Saved entries
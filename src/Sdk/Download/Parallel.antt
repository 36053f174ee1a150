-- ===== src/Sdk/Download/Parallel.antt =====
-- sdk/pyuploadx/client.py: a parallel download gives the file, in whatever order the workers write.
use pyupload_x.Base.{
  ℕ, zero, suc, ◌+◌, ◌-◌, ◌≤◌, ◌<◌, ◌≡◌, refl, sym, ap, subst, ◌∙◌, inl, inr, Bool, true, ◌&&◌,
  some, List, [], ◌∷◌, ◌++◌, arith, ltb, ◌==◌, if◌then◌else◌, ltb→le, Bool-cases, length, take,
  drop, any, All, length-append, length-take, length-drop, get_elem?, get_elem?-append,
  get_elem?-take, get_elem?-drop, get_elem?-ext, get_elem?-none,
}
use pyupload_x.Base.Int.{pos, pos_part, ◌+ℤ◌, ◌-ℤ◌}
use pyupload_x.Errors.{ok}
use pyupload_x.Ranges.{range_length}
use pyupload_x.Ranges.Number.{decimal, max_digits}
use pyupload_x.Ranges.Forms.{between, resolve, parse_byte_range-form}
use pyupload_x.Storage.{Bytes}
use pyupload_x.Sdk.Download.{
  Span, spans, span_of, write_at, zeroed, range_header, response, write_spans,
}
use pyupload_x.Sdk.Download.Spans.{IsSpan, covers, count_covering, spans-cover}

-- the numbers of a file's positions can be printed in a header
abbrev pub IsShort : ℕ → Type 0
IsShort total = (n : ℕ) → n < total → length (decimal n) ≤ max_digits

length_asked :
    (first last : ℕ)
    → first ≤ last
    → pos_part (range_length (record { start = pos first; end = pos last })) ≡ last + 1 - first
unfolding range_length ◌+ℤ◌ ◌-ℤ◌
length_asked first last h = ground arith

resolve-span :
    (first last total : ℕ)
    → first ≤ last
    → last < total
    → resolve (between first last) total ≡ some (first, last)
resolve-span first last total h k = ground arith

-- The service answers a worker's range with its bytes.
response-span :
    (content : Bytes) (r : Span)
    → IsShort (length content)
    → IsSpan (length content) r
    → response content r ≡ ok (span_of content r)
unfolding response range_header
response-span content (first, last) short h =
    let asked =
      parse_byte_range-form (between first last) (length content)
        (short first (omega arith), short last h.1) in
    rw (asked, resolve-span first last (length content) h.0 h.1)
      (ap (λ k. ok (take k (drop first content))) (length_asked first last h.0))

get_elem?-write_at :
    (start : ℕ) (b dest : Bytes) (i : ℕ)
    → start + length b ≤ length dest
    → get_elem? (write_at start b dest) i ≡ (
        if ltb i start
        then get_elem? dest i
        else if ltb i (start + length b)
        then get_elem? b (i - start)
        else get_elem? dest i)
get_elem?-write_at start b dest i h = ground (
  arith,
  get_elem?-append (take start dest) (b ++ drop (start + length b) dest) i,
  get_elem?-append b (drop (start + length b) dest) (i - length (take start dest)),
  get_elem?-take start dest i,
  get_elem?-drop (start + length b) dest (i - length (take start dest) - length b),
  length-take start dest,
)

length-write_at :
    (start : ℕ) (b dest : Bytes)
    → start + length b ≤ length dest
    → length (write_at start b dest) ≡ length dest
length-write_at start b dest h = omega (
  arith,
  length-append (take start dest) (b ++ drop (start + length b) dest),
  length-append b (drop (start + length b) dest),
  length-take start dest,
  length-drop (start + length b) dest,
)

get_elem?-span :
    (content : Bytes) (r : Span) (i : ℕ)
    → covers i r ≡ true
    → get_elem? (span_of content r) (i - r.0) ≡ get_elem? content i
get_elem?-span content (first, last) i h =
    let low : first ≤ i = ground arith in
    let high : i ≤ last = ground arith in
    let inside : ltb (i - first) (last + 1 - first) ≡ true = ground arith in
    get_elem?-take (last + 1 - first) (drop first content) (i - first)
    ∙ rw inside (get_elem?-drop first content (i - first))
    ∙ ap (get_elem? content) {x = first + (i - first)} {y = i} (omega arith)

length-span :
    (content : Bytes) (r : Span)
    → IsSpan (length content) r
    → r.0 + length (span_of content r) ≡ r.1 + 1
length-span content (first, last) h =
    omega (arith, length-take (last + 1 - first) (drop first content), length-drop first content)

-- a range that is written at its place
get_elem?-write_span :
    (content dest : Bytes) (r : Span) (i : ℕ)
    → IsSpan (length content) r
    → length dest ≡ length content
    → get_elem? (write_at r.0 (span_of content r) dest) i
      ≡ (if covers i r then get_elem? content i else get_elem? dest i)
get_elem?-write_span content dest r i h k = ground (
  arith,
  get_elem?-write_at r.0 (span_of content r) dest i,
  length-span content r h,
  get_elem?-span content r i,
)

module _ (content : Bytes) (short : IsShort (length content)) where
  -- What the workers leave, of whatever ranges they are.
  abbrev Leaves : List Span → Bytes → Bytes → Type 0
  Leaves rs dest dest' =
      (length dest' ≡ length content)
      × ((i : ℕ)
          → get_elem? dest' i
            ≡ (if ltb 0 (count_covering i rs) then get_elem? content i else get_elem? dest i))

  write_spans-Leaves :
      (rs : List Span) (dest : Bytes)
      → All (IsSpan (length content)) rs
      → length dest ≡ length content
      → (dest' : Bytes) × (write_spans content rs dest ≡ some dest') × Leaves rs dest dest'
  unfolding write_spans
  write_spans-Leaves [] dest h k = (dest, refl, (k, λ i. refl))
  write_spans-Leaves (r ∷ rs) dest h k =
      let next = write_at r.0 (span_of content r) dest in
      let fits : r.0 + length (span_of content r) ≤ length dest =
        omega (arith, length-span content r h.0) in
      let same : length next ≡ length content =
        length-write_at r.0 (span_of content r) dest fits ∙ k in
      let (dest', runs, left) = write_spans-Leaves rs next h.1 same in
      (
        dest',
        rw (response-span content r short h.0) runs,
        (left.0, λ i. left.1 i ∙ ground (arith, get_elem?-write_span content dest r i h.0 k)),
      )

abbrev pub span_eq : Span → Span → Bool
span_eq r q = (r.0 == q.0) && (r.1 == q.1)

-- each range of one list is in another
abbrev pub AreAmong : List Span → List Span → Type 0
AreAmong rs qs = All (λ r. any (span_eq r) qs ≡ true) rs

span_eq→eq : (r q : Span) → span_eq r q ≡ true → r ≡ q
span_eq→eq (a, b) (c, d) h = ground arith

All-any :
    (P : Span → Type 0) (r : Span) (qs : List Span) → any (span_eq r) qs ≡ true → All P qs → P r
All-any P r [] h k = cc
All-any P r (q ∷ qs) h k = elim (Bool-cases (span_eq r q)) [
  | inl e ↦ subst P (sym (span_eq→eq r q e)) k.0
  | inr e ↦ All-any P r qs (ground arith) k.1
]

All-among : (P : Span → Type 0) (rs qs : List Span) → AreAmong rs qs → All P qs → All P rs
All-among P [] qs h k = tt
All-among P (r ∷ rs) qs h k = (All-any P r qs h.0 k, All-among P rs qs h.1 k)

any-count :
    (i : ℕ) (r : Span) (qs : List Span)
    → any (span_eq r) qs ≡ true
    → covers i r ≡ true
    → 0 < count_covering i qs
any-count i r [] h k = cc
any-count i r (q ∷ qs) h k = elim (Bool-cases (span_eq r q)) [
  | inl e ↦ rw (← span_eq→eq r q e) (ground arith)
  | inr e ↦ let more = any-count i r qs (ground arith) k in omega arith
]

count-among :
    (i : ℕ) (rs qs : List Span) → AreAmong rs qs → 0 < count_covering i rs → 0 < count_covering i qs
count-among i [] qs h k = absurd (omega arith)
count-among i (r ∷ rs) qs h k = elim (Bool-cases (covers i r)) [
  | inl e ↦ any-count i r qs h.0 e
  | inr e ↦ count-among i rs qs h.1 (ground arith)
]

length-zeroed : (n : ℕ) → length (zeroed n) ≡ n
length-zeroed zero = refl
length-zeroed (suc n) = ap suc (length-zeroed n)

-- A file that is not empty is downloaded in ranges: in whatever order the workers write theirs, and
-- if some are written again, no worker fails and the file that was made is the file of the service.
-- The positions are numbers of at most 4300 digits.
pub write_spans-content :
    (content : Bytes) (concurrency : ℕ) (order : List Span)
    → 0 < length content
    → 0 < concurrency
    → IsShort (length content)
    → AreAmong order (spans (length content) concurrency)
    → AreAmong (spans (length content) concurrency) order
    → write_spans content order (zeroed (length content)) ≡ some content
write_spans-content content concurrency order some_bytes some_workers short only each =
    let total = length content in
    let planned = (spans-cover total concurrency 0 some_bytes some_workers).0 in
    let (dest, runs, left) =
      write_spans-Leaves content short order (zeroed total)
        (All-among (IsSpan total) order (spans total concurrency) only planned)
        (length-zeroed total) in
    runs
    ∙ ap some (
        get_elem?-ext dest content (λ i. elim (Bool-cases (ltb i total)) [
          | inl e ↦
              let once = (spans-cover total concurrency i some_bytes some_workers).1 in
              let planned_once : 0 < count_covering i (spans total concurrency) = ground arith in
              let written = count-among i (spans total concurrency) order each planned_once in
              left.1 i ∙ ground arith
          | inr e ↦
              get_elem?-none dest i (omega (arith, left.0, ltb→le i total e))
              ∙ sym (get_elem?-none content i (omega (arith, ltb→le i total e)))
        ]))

==

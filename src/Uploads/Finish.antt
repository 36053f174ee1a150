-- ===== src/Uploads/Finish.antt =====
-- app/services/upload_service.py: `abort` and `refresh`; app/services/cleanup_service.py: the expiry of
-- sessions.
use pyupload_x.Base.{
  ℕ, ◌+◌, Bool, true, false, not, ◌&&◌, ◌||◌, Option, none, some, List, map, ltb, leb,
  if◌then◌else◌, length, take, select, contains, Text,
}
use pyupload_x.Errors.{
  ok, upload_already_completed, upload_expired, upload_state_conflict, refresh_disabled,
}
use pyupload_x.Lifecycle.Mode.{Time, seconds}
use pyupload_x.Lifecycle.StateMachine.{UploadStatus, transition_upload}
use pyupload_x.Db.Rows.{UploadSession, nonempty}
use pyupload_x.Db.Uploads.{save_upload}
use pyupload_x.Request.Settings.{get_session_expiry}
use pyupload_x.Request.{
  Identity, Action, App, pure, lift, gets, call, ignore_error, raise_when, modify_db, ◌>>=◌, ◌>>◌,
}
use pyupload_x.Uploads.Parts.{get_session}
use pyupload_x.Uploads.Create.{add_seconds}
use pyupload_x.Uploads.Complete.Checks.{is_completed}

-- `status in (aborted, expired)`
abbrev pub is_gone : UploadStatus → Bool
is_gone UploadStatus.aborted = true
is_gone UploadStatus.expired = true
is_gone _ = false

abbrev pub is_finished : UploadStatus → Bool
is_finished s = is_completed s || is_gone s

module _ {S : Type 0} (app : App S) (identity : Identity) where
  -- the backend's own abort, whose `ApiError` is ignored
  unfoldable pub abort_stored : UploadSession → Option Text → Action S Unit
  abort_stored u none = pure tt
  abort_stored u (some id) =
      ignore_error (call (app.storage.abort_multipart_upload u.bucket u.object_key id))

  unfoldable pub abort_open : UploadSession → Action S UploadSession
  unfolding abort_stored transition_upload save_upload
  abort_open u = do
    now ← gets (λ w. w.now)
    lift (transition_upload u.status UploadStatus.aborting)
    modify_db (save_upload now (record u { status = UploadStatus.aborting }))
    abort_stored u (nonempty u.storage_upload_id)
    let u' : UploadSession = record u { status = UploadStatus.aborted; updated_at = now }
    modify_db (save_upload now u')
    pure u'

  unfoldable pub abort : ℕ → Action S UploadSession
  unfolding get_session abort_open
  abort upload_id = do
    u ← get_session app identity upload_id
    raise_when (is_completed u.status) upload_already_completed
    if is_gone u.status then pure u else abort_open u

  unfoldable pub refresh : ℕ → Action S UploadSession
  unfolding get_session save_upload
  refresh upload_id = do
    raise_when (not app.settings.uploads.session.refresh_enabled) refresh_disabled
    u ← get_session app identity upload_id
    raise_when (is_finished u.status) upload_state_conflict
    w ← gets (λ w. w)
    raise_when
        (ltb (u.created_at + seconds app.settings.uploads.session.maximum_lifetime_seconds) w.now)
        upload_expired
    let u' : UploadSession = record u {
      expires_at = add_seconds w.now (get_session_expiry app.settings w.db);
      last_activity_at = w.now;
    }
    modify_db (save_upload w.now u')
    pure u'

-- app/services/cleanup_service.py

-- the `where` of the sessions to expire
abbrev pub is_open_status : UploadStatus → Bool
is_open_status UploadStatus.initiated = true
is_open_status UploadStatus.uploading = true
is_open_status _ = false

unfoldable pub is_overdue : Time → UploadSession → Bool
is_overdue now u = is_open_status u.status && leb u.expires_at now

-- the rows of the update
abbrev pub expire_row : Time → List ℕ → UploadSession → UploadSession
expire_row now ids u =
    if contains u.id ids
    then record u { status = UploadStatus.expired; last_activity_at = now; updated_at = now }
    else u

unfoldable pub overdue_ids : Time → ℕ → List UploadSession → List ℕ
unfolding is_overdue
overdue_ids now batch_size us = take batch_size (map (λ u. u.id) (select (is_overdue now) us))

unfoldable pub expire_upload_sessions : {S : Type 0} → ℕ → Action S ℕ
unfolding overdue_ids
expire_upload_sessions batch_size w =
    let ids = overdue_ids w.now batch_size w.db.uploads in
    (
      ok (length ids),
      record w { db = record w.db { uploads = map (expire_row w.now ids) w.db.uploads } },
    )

==

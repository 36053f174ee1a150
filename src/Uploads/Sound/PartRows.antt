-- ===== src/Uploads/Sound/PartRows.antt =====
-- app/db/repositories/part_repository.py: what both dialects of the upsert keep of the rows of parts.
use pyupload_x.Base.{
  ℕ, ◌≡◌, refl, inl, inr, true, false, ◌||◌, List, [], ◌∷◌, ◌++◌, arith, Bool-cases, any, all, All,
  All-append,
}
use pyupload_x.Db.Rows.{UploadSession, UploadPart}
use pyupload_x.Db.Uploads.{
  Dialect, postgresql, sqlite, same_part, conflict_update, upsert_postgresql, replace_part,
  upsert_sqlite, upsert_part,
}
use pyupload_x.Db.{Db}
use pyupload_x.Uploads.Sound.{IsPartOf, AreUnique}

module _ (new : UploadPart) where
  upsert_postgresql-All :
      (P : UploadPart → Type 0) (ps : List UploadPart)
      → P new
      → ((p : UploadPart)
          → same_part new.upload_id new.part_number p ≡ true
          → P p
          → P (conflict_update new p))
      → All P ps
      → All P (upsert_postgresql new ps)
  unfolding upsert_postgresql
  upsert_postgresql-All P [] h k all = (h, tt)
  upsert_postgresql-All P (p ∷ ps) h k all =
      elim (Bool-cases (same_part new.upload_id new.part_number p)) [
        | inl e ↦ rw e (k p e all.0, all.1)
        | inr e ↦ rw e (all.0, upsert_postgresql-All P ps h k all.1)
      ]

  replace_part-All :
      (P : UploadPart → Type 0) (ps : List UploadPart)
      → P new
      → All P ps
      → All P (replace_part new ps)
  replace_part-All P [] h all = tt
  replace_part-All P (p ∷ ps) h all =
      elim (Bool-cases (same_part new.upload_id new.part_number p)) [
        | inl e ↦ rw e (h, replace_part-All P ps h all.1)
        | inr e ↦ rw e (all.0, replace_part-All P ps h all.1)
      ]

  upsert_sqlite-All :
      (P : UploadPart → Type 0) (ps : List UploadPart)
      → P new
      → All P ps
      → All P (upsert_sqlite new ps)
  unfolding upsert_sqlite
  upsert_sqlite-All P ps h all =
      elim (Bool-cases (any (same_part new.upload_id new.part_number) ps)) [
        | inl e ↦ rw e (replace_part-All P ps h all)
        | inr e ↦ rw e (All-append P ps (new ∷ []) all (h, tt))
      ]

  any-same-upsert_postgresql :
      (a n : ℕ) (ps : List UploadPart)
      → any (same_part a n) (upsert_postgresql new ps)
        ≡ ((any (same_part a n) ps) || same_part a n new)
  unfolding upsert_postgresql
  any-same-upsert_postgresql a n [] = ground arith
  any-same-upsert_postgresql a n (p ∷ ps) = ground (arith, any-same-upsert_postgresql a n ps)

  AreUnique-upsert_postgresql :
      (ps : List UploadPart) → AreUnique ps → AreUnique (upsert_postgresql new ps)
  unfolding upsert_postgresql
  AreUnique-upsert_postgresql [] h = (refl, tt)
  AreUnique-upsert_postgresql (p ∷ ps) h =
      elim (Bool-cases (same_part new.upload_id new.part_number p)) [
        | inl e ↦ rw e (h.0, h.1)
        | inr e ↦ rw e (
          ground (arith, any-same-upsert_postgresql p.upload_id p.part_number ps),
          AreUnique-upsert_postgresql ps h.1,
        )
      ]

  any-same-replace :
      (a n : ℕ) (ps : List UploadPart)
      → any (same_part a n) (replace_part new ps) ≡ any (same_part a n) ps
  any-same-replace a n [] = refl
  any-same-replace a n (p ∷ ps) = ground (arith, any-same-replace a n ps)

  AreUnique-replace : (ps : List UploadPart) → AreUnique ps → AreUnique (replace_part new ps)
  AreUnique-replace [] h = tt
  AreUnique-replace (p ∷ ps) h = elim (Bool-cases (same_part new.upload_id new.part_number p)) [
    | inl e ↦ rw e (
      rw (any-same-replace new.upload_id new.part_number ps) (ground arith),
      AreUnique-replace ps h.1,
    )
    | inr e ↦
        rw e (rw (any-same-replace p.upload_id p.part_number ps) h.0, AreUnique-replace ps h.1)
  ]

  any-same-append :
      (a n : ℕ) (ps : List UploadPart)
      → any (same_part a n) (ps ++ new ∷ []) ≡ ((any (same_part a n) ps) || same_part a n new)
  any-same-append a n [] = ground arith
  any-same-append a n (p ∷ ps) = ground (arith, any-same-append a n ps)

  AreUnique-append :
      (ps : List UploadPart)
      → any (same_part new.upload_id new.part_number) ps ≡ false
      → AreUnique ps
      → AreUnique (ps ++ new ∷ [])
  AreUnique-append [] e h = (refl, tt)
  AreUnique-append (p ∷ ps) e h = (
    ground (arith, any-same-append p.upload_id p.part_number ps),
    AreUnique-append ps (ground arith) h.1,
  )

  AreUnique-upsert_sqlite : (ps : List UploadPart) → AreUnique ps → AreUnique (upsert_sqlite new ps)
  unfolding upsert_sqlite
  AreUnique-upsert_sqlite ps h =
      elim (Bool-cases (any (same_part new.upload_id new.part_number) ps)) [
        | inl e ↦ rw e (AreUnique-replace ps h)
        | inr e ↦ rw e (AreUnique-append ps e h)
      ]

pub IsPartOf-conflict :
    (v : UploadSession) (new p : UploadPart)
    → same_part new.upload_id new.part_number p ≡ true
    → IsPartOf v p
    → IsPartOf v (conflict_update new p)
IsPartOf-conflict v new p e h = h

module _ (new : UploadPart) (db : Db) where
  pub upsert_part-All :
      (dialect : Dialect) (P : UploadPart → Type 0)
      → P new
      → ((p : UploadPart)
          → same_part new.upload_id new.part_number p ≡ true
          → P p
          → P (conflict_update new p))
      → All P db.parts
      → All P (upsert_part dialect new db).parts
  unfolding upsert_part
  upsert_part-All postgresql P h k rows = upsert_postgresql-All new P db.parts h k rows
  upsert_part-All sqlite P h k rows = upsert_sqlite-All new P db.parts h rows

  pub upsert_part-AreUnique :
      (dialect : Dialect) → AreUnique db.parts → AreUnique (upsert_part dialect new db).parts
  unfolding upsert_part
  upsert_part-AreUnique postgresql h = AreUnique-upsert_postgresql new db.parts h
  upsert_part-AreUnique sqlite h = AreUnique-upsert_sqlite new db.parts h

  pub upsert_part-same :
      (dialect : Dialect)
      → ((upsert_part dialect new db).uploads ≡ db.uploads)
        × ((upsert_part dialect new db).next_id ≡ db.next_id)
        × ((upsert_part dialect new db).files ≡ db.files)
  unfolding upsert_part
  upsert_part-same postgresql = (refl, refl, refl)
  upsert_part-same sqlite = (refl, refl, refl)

Exercise requirements ->
Look back at the entries above and repeat, unchanged, every line from the line holding "length-write_at start b" through the line holding "dest') × Leaves rs dest dest'".

Solution to this exercise ->
length-write_at start b dest h = omega (
  arith,
  length-append (take start dest) (b ++ drop (start + length b) dest),
  length-append b (drop (start + length b) dest),
  length-take start dest,
  length-drop (start + length b) dest,
)

get_elem?-span :
    (content : Bytes) (r : Span) (i : ℕ)
    → covers i r ≡ true
    → get_elem? (span_of content r) (i - r.0) ≡ get_elem? content i
get_elem?-span content (first, last) i h =
    let low : first ≤ i = ground arith in
    let high : i ≤ last = ground arith in
    let inside : ltb (i - first) (last + 1 - first) ≡ true = ground arith in
    get_elem?-take (last + 1 - first) (drop first content) (i - first)
    ∙ rw inside (get_elem?-drop first content (i - first))
    ∙ ap (get_elem? content) {x = first + (i - first)} {y = i} (omega arith)

length-span :
    (content : Bytes) (r : Span)
    → IsSpan (length content) r
    → r.0 + length (span_of content r) ≡ r.1 + 1
length-span content (first, last) h =
    omega (arith, length-take (last + 1 - first) (drop first content), length-drop first content)

-- a range that is written at its place
get_elem?-write_span :
    (content dest : Bytes) (r : Span) (i : ℕ)
    → IsSpan (length content) r
    → length dest ≡ length content
    → get_elem? (write_at r.0 (span_of content r) dest) i
      ≡ (if covers i r then get_elem? content i else get_elem? dest i)
get_elem?-write_span content dest r i h k = ground (
  arith,
  get_elem?-write_at r.0 (span_of content r) dest i,
  length-span content r h,
  get_elem?-span content r i,
)

module _ (content : Bytes) (short : IsShort (length content)) where
  -- What the workers leave, of whatever ranges they are.
  abbrev Leaves : List Span → Bytes → Bytes → Type 0
  Leaves rs dest dest' =
      (length dest' ≡ length content)
      × ((i : ℕ)
          → get_elem? dest' i
            ≡ (if ltb 0 (count_covering i rs) then get_elem? content i else get_elem? dest i))

  write_spans-Leaves :
      (rs : List Span) (dest : Bytes)
      → All (IsSpan (length content)) rs
      → length dest ≡ length content
      → (dest' : Bytes) × (write_spans content rs dest ≡ some dest') × Leaves rs dest dest'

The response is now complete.